In the past, research in various scientific fields was conducted by observing (generally dynamic) phenomena of interest, and the research progressed by repeating generalizations and analysis through expressions using mathematical models. With the rapid developments made in measurement technologies and information infrastructure, the importance of data-driven approaches using observation and measurement data has been recognized in recent years. In fact, numerous scientific discoveries in areas such as materials informatics that are based on predictions (of static properties, such as the prediction of physical properties in the case of a material composition search) using machine learning and engineering results are being reported and have been gaining attention. At present however, the methodology of extracting scientific knowledge based on a direct understanding of phenomena from data rather than predictive methods (of static characteristics) is not well established, and it remains an area where future development is awaited. Here, direct understanding of a phenomenon refers to the extraction of information that is directly linked with a mathematical model representing the (dynamic) phenomenon and its parts or to the acquisition of a reduced model or the associated laws of physics (principle mechanism). In general, knowledge of (dynamic) phenomena is mathematically represented by ordinary or partial differential equations. The main impediment to the development of the methodologies mentioned above is the absence of an established statistical framework or calculation method that would allow knowledge to be directly extracted from data and applied.

On the other hand, in some fields of applied mathematics and physics (particularly in the field of fluid dynamics), operatortheoretic analysis, and in particular the series of dynamics analysis methods using Koopman operators have attracted much attention in recent years. By expressing the time evolution of a (generally non-linear) system as an operator and treating it in a linear domain (such as a functional space), this framework analyses the universal dynamic characteristics of the system, avoiding the nonlinearities that are difficult to handle directly with mathematical methods. A key feature of this framework is that it does not depend on the functional system that constitutes the mathematical model, and it can be applied across phenomena and across fields. Recently, estimation methods have been proposed that use data that can be interpreted by operatortheoretic analysis; an example is dynamic mode decomposition. As these estimators can be directly linked to various physical properties and principles (such as reduced models) under certain given assumptions, they have found applications in various fields and have therefore been drawing much academic attention.
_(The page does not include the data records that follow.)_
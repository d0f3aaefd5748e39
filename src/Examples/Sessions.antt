-- ===== src/Examples/Sessions.antt =====
-- Authentications, tokens and cookies on the small instances.
use computing_api.Base.{[], arith, foreign, inr, ok, refl, true, ◌∷◌, ◌≡◌}
use computing_api.Std.Strconv.{parse_int, parse_uint}
use computing_api.Auth.{
  bytes, decode_segment, encode_segment, normalize_last, sig_to_address, verify_token,
}
use computing_api.Auth.Token.{decode_segment-encode_segment, verify_token_iff}
use computing_api.Cookie.{find_cookie, make_cookie}
use computing_api.Cookie.Issue.{find_cookie-make_cookie}
use computing_api.Model.{AuthInfo}
use computing_api.Local.{check_auth_info, check_signature}
use computing_api.Local.Access.{check_auth_info_iff, check_signature-no_address}
use computing_api.Utils.{Model}
use computing_api.Examples.{cookies, toy, user}
use computing_api.Base.Int.{pos, wrap64, ◌+ℤ◌}

abbrev signed_in : AuthInfo
signed_in = record {
  address = b'0' ∷ b'x' ∷ 1 ∷ 2 ∷ [];
  sig = b'0' ∷ b'x' ∷ 5 ∷ [];
  msg = b'9' ∷ [];
}

check_auth_info_iff_example : check_auth_info toy (pos 300) (pos 100) signed_in ≡ ok true
unfolding parse_int parse_uint check_signature sig_to_address wrap64 ◌+ℤ◌
check_auth_info_iff_example =
    (check_auth_info_iff toy (pos 300) (pos 100) signed_in).1
      (inr (pos 9, refl, omega arith, λ e. cc, λ e. cc, refl))

check_signature-no_address_example :
    check_signature toy (b'0' ∷ b'x' ∷ 5 ∷ 6 ∷ []) (b'0' ∷ b'x' ∷ []) user ≡ ok true
unfolding normalize_last
check_signature-no_address_example =
    check_signature-no_address toy (b'0' ∷ b'x' ∷ 5 ∷ 6 ∷ []) (b'0' ∷ b'x' ∷ []) user 5 (6 ∷ [])
      (foreign "invalid signature length") refl refl refl

find_cookie-make_cookie_example :
    find_cookie toy cookies (pos 1050) (make_cookie toy cookies (pos 1000) user ∷ []) ≡ ok user
unfolding ◌+ℤ◌
find_cookie-make_cookie_example =
    (find_cookie-make_cookie toy cookies (pos 1000) (pos 1050) user [] (omega arith, omega arith)).1
      (omega arith)

decode_segment-encode_segment_example :
    decode_segment (encode_segment (1 ∷ 255 ∷ [])) ≡ ok (1 ∷ 255 ∷ [])
decode_segment-encode_segment_example =
    decode_segment-encode_segment (1 ∷ 255 ∷ []) (omega arith, (omega arith, tt))

verify_token_iff_example : verify_token toy user (encode_segment (1 ∷ 1 ∷ [])) (bytes user) ≡ ok tt
verify_token_iff_example =
    (verify_token_iff toy user (encode_segment (1 ∷ 1 ∷ [])) user).1
      (decode_segment-encode_segment (1 ∷ 1 ∷ []) (omega arith, (omega arith, tt)))

abbrev listed : Model
listed = record { name = []; id = 4; path = b'p' ∷ []; gpu = []; mem = []; disk = [] }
Against this background, operatortheoretic analysis and its estimation are approached simultaneously from both perspectives: forward analysis by mathematical and physical methods and backward analysis by machine learning and mathematical statistical methods. By fusing and expanding the two, we construct a methodology to directly link the mathematical model developed in the domain with the information extracted from data through their dynamic characteristics. We believe that this will enable the extraction of scientific knowledge from data based on the understanding of the phenomena, leading to the creation of a new framework that will help realize more precise predictions and simulations of complex phenomena. Given this stance, the main purpose of this research proposal is 1) to establish a method for identifying major dynamics of complex phenomena based on operatortheoretic analysis through statistical inference, 2) to create a theory for the physical interpretation, use, and mathematical extension of the method, and 3) to construct a methodology for knowledge discovery, learning, and prediction through their integration with mathematical models. The scope of this research extends from applying the obtained methods and theoretical framework to data analysis across phenomena in various scientific fields, such as complex biological phenomena and fluid phenomena, up to the point of proving the practical usefulness of the methods. The computational infrastructure technology created in this research can be applied to dynamic and complex phenomena of interest across multiple scientific and engineering fields and is expected to have a large ripple effect in academic circles. In addition, because this study aims to construct a generic methodology that uses mathematical models and data-driven information extraction in an integrated manner, it can be applied to detailed simulations and predictions for complex phenomena. It can therefore become an information technology that can be used to address a wide range of social issues such as disaster prevention and medical care.

Four groups worked on this study: the Machine Learning and Mathematical Statistics Group (Kawahara, (IMI, Kyushu University / RIKEN AIP)), the Mathematics Group (Sakauchi (Keio University / RIKEN AIP)), the Nonlinear Physics Group (Nakao (Tokyo Institute of Technology)), and the Biological Modelling Group (Kurosawa (RIKEN iTHEMS)). The Machine Learning Group works from a data-driven perspective, the Nonlinear Physics Group works from a mathematical model perspective, and the Mathematics Group explores the mathematical principles that connect the two. The Biological Modelling Group verifies the applicability of development methods throughout the research and provides feedback on methodologies and principles. The study of research items with specific applications is done by applying development methodologies based on collaboration with domain researchers across multiple fields and focusing on the participants’ collaborative research in the past.